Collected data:
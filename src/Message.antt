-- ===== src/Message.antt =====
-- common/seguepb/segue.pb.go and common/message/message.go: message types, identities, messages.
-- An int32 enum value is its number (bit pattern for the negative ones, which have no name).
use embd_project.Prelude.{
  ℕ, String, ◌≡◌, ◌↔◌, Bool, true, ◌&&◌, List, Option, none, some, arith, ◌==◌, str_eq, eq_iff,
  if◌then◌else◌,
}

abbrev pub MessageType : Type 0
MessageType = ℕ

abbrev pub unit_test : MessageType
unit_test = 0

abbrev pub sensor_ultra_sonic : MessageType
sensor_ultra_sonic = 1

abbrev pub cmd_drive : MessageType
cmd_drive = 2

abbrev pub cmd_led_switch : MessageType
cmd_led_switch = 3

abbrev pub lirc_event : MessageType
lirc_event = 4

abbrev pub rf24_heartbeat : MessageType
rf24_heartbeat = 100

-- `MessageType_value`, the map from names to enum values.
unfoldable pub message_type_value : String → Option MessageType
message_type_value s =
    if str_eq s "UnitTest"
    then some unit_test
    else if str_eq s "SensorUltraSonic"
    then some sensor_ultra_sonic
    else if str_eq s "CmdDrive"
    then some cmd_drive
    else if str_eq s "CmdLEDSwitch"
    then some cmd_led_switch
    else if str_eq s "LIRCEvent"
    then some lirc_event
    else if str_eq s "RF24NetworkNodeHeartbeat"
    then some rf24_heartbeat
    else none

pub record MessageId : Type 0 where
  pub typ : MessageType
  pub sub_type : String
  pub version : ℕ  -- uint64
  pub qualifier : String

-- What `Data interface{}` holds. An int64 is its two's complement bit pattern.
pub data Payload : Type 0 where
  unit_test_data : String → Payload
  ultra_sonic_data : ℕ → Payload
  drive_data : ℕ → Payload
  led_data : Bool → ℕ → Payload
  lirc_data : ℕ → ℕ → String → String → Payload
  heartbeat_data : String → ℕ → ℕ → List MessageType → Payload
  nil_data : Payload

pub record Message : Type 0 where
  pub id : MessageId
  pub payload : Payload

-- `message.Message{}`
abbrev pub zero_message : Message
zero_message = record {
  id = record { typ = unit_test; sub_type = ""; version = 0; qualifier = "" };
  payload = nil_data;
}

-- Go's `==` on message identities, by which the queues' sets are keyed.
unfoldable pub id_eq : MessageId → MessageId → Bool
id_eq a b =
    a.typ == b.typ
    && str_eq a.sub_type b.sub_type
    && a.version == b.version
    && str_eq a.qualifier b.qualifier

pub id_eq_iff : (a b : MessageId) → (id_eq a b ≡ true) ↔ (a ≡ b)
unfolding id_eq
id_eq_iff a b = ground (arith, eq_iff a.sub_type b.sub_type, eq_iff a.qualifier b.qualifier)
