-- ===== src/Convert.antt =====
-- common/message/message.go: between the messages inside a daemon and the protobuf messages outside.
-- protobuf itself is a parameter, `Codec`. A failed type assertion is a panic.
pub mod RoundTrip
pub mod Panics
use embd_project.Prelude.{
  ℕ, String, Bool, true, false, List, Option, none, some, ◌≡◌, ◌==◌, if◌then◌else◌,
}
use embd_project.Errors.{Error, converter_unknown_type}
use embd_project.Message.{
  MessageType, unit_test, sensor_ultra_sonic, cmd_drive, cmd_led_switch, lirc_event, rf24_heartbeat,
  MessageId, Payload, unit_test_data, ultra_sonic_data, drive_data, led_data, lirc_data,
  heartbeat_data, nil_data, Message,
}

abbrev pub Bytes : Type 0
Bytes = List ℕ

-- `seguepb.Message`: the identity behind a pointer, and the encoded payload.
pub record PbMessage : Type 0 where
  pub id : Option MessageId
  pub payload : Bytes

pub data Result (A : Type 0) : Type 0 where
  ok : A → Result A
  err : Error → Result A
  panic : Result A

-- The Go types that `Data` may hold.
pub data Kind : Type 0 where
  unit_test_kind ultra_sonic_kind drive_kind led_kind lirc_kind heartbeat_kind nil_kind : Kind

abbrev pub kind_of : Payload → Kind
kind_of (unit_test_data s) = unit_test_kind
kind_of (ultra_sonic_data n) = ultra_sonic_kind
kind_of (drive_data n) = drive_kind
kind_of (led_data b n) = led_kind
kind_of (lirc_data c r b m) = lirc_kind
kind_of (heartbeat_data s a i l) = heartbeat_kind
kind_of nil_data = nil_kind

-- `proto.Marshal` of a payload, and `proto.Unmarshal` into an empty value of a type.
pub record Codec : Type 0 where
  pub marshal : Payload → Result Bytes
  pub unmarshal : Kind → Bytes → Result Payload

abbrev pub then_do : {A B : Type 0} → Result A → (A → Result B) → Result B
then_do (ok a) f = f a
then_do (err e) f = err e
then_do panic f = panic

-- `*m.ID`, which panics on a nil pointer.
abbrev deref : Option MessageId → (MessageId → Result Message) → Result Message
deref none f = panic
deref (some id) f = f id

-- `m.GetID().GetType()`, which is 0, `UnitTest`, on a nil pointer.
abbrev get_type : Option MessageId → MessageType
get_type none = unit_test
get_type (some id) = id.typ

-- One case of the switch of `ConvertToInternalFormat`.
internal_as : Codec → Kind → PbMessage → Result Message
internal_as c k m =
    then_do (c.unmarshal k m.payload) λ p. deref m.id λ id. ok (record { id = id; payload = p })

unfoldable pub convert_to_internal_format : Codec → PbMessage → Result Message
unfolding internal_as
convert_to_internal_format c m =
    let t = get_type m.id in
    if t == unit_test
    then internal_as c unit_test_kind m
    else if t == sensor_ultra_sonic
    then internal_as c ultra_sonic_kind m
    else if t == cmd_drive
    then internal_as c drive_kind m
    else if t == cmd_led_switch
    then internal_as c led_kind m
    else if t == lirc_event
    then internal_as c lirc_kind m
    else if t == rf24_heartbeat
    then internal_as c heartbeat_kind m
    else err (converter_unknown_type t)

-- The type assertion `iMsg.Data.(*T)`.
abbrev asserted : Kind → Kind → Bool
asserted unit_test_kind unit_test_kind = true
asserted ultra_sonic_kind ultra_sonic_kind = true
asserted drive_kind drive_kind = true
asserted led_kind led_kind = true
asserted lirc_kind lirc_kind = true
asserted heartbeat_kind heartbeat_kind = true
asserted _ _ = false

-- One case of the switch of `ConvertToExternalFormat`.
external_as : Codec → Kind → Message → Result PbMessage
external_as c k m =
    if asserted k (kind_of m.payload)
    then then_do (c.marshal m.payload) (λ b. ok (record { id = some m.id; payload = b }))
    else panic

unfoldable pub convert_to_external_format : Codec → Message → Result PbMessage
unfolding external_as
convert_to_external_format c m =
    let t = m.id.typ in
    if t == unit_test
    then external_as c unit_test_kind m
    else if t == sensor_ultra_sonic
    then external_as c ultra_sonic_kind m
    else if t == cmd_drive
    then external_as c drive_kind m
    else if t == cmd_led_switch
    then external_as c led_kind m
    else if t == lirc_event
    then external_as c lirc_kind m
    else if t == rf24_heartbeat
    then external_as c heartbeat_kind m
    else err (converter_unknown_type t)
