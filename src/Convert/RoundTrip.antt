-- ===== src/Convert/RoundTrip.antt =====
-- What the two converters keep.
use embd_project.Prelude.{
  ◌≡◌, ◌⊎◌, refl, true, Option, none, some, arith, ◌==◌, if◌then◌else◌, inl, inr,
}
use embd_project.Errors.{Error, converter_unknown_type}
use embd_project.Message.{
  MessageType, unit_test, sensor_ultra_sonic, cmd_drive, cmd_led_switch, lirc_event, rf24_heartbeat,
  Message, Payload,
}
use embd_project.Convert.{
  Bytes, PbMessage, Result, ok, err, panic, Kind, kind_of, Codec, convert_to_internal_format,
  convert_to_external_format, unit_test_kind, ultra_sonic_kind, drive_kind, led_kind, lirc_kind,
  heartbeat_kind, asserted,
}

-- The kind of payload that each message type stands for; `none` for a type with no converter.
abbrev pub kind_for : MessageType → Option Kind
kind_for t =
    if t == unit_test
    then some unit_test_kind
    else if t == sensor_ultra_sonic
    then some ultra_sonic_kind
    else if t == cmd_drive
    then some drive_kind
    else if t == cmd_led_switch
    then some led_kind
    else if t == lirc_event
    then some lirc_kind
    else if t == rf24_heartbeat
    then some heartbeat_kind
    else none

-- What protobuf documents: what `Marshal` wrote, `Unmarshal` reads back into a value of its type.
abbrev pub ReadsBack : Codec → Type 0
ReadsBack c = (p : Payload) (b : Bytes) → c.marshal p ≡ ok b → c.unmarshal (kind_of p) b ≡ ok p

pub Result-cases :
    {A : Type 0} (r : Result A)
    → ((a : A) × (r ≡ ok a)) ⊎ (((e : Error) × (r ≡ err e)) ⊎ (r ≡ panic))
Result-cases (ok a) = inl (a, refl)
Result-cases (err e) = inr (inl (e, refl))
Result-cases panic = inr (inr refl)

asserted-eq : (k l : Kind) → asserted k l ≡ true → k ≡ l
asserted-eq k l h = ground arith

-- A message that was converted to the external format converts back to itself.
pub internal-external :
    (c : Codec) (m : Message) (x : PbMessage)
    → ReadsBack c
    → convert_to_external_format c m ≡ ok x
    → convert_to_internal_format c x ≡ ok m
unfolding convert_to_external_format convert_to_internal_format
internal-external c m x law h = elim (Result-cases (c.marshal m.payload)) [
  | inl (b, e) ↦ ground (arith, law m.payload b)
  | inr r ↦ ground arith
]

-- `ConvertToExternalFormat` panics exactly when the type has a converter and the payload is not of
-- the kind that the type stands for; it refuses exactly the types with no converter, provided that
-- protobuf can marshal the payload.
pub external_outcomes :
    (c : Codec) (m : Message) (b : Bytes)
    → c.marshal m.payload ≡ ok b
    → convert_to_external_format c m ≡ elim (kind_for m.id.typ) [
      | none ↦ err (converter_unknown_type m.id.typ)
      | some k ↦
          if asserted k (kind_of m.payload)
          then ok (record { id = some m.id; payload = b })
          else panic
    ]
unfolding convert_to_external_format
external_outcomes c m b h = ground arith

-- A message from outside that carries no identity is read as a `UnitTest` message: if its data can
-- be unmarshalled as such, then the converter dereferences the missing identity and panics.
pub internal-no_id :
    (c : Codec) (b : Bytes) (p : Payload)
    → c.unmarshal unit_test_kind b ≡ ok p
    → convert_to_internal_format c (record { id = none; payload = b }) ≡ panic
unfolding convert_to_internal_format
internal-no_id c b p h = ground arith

_What this task involves_
From the records above, print only the lines between the one holding "str_eq a.qualifier b.qualifier" and the one holding "-- ===== src/Convert.antt", inclusive, exactly as they stand.

_Answer section_
    && str_eq a.qualifier b.qualifier

pub id_eq_iff : (a b : MessageId) → (id_eq a b ≡ true) ↔ (a ≡ b)
unfolding id_eq
id_eq_iff a b = ground (arith, eq_iff a.sub_type b.sub_type, eq_iff a.qualifier b.qualifier)
-- ===== src/Convert.antt =====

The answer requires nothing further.